**Task directions**: Read the records and gather each line that includes "does".

**Records provided**:
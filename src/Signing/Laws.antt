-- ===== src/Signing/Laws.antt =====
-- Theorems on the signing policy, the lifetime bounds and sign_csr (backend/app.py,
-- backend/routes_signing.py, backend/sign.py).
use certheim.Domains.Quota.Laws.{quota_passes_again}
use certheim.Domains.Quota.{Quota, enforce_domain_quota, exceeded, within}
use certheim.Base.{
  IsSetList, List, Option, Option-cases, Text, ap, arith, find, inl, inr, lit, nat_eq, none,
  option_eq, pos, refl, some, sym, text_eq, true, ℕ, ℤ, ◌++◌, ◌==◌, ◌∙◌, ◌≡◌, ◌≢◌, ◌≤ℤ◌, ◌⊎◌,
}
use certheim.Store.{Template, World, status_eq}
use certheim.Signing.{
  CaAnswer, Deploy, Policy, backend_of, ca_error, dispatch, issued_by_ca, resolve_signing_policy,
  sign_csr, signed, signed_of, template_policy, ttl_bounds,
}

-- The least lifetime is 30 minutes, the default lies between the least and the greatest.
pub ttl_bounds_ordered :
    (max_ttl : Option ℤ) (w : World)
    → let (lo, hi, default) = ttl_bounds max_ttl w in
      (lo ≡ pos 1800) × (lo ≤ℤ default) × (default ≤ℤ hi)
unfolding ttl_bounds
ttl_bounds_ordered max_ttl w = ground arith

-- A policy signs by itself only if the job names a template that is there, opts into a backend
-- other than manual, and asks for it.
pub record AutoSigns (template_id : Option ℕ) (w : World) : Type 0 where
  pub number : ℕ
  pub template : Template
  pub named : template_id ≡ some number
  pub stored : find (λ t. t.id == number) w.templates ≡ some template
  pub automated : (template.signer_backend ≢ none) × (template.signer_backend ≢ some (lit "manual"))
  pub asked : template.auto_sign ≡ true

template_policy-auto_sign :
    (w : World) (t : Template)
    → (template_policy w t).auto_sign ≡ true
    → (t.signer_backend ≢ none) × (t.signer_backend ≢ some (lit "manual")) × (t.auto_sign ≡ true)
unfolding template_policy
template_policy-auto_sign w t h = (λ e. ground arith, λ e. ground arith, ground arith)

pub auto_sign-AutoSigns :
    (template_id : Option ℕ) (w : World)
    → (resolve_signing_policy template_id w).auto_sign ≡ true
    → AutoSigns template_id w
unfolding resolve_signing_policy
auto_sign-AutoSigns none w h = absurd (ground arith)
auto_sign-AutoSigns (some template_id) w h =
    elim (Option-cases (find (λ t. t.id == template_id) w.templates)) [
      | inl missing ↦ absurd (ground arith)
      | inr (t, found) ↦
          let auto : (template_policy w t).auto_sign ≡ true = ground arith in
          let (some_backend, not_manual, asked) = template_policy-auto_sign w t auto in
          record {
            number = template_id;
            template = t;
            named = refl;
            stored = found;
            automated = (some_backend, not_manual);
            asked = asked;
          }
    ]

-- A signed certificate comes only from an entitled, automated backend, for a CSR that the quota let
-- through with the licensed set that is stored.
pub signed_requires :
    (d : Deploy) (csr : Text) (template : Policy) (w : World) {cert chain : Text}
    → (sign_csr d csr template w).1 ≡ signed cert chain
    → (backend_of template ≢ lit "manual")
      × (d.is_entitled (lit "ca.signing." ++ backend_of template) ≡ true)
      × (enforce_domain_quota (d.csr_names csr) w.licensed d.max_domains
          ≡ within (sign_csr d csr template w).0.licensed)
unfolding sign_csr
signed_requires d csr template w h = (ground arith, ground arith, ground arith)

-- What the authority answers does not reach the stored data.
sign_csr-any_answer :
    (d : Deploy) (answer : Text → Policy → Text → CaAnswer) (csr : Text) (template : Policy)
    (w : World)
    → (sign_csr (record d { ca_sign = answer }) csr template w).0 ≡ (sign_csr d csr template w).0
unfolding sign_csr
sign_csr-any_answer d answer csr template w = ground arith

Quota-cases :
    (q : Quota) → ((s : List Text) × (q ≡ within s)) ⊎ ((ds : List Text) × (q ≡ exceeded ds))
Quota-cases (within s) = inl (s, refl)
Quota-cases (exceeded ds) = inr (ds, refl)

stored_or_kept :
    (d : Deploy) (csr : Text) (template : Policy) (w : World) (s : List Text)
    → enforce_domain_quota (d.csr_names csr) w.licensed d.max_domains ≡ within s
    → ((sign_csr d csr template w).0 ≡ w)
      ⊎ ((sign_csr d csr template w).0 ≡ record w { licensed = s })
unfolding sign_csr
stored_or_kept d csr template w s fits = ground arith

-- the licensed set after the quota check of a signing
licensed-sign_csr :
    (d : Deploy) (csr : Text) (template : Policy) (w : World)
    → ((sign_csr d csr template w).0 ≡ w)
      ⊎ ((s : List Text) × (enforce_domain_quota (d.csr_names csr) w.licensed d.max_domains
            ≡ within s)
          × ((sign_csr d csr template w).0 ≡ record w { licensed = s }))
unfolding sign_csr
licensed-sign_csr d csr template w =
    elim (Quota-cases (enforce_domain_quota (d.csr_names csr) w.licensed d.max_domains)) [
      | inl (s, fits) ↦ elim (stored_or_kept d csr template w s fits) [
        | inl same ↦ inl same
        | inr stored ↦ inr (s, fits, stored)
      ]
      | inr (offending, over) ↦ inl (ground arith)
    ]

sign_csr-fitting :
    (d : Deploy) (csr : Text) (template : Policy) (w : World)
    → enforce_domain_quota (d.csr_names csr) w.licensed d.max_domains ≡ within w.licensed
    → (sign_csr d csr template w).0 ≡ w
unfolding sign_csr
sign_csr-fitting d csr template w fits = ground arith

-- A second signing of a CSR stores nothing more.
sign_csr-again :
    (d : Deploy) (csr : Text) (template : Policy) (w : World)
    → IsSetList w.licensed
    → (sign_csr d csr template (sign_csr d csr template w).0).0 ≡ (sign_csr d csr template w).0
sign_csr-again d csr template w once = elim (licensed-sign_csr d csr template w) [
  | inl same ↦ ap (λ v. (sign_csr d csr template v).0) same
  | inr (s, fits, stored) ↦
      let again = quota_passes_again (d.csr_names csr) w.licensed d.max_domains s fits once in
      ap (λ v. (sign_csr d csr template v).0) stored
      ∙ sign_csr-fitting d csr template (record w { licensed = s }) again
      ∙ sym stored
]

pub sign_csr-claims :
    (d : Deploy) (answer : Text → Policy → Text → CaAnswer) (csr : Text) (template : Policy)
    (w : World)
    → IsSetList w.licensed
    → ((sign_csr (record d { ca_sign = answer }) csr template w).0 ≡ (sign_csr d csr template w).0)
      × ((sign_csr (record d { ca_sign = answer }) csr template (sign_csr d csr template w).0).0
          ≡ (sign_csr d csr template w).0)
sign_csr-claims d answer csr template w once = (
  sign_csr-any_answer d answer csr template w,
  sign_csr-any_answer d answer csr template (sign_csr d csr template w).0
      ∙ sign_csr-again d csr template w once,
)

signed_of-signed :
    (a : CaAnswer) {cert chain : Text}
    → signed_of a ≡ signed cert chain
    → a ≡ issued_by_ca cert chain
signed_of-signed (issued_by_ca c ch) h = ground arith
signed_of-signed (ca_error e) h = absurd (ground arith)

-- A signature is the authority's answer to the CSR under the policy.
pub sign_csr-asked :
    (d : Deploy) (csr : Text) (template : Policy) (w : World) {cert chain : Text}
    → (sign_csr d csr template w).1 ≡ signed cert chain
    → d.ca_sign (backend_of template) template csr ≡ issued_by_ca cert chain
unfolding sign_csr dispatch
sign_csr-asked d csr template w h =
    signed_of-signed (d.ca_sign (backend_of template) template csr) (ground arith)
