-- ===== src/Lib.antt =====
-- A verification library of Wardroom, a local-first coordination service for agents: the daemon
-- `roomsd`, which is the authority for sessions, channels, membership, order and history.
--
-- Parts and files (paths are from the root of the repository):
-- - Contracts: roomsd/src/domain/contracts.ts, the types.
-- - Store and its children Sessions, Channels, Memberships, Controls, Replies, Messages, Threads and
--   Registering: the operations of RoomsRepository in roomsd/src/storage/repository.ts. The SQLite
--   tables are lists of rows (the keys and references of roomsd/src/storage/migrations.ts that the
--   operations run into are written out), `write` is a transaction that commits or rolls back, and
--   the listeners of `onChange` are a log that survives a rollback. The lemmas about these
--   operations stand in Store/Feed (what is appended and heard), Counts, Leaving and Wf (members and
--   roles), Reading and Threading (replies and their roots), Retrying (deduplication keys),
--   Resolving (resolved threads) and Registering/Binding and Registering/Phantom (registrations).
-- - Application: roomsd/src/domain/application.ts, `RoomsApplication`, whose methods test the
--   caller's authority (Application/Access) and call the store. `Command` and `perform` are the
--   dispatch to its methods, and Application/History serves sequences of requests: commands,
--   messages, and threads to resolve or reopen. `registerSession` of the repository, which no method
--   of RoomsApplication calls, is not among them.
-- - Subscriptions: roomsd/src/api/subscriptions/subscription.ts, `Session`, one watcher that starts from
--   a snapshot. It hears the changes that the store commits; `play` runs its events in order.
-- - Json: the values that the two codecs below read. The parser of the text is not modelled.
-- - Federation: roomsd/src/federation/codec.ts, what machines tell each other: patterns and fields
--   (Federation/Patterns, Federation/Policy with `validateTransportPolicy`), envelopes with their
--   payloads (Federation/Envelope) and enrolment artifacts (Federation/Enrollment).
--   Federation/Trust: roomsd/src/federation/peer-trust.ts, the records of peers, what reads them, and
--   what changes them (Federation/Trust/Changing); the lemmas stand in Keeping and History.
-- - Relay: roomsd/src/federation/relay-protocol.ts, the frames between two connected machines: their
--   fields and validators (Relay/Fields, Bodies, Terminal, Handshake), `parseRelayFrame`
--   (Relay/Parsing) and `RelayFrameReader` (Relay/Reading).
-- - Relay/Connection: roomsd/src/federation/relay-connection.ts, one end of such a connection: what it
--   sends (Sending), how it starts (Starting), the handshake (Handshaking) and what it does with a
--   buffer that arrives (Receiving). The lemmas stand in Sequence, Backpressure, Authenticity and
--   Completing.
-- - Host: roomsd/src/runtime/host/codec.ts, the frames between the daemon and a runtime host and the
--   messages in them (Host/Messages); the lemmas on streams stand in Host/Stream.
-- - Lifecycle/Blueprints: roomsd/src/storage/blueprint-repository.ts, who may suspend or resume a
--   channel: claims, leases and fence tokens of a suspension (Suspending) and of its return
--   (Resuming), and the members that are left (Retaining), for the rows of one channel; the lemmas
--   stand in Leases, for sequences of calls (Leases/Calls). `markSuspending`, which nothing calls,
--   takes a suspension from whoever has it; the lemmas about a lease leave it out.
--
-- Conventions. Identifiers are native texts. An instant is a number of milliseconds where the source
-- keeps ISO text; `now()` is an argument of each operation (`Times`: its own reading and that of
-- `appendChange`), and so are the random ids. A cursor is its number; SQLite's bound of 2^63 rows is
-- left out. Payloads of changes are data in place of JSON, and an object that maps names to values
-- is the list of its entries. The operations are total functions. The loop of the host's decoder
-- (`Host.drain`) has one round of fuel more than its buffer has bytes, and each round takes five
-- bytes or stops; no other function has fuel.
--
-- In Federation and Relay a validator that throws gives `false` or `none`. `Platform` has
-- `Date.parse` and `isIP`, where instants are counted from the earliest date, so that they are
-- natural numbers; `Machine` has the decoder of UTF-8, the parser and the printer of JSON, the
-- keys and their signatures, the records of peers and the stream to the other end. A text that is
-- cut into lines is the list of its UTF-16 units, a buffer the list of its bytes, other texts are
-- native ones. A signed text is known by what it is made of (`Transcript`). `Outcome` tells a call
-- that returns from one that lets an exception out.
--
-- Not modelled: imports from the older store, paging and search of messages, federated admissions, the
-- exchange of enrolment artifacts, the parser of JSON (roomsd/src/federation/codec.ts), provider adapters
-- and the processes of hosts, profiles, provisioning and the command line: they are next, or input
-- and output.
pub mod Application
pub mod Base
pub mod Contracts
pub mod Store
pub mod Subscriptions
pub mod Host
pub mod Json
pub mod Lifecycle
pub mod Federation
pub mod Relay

**Output for this task**:
-- What the authority answers does not reach the stored data.
--   sends (Sending), how it starts (Starting), the handshake (Handshaking) and what it does with a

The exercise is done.